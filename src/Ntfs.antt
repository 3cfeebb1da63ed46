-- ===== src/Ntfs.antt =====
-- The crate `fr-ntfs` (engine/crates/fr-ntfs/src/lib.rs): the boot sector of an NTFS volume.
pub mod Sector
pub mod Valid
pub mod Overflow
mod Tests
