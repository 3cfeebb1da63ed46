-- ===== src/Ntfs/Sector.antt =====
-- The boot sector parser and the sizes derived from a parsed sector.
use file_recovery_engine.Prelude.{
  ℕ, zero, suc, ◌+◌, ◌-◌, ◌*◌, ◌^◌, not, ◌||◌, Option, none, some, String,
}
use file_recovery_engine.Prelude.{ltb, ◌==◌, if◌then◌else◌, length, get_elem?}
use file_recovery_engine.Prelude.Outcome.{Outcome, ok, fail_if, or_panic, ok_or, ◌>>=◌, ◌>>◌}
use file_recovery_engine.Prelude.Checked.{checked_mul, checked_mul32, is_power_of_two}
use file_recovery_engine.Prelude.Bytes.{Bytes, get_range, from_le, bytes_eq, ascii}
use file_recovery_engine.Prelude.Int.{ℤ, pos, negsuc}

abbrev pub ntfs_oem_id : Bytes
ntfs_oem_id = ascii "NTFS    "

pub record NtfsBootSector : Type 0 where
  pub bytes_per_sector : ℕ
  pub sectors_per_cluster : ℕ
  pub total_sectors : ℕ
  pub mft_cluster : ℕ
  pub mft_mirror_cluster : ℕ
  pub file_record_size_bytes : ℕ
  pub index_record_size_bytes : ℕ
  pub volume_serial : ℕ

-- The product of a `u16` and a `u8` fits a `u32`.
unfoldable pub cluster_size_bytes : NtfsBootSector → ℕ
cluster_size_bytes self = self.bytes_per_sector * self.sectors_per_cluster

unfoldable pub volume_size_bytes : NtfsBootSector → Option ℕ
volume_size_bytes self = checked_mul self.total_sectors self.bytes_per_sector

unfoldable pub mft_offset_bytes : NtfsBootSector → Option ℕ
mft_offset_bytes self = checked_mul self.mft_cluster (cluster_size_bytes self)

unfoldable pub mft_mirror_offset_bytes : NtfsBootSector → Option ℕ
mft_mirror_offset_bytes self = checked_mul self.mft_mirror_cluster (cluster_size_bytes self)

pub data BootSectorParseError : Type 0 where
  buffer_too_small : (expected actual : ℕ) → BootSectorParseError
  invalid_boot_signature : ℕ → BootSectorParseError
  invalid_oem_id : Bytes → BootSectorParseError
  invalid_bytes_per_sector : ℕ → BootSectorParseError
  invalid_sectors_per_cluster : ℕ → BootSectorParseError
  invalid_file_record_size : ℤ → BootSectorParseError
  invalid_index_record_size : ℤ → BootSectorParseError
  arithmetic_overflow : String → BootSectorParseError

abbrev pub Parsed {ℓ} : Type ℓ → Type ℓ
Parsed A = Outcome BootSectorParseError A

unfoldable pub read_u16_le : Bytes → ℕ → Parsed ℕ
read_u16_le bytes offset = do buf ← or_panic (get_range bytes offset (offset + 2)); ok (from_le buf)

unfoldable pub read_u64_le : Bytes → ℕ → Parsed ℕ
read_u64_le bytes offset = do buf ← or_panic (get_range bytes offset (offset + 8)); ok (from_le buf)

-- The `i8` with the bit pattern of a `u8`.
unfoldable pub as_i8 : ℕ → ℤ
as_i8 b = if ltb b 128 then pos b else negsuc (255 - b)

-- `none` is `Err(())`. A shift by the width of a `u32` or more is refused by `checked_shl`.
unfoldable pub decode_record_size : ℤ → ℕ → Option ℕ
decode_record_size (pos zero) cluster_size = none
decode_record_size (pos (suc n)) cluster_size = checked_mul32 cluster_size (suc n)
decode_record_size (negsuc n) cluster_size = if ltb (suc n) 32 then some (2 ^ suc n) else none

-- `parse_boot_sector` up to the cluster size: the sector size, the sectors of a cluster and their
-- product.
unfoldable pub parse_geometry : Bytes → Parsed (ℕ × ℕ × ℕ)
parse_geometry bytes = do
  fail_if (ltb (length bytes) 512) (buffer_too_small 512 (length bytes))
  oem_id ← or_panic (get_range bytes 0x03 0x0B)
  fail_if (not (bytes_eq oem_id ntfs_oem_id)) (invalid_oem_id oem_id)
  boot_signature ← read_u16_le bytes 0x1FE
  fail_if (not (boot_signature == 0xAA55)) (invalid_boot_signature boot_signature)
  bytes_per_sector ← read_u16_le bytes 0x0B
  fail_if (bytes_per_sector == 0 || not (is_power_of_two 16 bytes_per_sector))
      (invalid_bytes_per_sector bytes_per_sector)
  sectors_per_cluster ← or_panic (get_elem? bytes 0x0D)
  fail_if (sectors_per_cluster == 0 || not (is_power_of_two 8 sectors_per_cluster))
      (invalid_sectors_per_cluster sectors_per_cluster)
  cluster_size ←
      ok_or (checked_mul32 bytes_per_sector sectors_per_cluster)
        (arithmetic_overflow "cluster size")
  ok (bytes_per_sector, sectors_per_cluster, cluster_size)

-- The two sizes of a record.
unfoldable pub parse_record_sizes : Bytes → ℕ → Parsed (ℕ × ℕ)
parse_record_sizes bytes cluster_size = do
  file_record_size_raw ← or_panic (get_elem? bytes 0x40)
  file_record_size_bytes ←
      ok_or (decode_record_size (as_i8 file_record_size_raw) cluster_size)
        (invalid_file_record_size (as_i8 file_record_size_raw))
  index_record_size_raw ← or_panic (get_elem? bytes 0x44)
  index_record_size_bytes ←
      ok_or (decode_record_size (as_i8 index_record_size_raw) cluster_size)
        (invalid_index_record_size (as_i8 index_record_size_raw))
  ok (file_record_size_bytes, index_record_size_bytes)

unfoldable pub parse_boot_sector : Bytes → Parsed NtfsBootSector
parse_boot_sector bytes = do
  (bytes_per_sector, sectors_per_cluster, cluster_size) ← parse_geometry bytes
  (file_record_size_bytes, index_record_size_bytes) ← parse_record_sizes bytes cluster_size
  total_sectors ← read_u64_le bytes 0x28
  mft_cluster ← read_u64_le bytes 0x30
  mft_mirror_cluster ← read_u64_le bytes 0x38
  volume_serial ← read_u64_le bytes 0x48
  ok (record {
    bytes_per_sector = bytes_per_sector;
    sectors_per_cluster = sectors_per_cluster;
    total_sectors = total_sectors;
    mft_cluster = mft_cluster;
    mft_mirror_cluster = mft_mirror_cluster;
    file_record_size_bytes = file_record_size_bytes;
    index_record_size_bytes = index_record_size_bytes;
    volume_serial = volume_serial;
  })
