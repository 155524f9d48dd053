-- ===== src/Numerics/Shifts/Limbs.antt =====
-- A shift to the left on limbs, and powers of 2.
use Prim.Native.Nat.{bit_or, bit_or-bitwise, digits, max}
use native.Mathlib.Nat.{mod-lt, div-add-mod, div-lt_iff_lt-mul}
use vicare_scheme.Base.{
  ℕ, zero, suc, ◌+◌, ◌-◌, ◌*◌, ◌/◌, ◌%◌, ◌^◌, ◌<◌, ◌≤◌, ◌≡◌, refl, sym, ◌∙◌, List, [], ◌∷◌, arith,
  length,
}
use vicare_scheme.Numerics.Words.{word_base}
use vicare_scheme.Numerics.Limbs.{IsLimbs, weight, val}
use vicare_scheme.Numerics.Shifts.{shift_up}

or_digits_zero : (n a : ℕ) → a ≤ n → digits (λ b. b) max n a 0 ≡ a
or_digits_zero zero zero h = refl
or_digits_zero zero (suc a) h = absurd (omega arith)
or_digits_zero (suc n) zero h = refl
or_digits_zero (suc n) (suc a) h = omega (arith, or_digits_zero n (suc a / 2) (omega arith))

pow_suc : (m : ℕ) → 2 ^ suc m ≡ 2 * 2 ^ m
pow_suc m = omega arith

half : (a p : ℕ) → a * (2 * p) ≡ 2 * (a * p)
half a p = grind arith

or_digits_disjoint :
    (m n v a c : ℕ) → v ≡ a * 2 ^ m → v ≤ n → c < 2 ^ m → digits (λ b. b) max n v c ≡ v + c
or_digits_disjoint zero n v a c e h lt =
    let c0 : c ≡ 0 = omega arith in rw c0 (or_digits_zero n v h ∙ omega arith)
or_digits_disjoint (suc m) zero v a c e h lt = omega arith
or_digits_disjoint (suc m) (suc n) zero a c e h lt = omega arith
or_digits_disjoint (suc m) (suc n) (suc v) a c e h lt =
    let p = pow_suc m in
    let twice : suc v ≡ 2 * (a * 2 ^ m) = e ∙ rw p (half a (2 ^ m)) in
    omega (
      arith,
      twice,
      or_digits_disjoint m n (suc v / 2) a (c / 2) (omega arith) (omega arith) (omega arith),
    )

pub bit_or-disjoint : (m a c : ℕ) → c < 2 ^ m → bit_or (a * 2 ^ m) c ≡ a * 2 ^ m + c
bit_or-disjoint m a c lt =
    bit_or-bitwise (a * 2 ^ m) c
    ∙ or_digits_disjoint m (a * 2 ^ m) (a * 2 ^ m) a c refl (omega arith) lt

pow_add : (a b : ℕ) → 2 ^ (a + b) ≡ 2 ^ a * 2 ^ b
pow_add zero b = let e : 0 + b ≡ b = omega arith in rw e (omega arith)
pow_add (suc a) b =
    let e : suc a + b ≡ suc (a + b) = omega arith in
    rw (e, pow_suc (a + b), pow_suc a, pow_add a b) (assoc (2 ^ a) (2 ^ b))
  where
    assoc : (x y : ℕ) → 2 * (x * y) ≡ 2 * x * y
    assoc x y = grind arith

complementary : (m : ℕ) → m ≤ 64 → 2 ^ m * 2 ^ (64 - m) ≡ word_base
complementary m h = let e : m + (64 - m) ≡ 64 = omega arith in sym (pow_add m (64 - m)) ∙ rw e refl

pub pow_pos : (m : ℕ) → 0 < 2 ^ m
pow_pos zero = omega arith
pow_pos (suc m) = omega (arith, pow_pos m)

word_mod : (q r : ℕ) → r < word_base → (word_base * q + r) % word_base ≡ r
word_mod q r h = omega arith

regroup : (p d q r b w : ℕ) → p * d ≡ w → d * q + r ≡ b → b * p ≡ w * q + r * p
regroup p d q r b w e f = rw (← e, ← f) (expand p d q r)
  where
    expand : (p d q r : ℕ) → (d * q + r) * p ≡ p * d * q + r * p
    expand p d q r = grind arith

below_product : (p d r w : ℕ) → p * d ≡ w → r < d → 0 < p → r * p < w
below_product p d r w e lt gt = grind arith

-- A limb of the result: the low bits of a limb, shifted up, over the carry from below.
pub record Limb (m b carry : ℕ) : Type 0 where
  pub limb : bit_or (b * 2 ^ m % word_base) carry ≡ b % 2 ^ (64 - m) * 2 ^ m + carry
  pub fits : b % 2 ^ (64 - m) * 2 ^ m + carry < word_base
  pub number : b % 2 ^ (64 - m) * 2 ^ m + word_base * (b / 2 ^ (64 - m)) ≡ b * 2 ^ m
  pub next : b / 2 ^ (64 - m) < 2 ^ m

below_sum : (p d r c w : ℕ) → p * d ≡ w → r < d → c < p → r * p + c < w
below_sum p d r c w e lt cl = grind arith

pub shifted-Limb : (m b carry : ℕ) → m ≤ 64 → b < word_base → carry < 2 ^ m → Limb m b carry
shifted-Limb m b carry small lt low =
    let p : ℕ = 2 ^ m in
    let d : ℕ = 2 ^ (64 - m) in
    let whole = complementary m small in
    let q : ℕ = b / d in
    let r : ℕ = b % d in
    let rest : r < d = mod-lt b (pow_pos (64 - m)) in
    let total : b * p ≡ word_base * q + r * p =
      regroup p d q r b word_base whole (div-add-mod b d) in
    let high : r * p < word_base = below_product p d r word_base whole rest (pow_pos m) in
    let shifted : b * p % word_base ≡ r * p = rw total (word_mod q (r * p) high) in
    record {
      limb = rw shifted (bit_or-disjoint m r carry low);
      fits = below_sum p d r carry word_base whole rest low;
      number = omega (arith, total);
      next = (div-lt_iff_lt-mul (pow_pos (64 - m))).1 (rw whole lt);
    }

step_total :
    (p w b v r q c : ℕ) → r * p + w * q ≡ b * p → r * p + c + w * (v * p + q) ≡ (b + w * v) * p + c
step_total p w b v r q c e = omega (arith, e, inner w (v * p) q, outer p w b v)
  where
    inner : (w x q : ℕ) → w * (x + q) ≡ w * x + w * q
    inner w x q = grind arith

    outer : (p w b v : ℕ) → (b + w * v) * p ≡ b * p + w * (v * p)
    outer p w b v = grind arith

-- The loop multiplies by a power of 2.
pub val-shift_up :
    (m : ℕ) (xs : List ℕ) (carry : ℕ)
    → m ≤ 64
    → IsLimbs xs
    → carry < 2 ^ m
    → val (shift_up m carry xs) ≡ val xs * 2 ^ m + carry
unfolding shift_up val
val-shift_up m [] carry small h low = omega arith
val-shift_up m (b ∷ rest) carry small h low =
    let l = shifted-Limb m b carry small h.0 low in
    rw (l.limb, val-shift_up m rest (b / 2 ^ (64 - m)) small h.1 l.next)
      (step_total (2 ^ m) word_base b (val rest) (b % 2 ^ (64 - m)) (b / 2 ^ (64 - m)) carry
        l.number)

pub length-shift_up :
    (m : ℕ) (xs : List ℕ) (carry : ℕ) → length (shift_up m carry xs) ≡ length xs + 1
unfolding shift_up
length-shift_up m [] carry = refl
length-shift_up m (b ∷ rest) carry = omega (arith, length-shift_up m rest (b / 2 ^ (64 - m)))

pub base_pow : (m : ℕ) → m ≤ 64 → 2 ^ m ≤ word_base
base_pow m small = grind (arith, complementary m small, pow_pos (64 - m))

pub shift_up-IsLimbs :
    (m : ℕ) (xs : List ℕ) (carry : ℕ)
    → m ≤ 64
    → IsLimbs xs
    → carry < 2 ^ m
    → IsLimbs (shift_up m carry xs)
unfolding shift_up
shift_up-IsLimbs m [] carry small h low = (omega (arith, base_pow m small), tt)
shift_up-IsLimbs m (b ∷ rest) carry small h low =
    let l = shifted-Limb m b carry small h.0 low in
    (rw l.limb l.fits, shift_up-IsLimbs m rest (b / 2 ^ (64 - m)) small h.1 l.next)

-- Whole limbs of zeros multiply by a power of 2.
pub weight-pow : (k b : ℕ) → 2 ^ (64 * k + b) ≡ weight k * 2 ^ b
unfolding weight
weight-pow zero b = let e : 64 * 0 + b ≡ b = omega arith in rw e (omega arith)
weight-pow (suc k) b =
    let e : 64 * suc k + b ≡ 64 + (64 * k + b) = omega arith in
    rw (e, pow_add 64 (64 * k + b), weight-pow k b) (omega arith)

▶ **WORK TASK**
Number of lines in the listing above that include "bitwise": state it and nothing else.

▶ **TASK SOLUTION**
2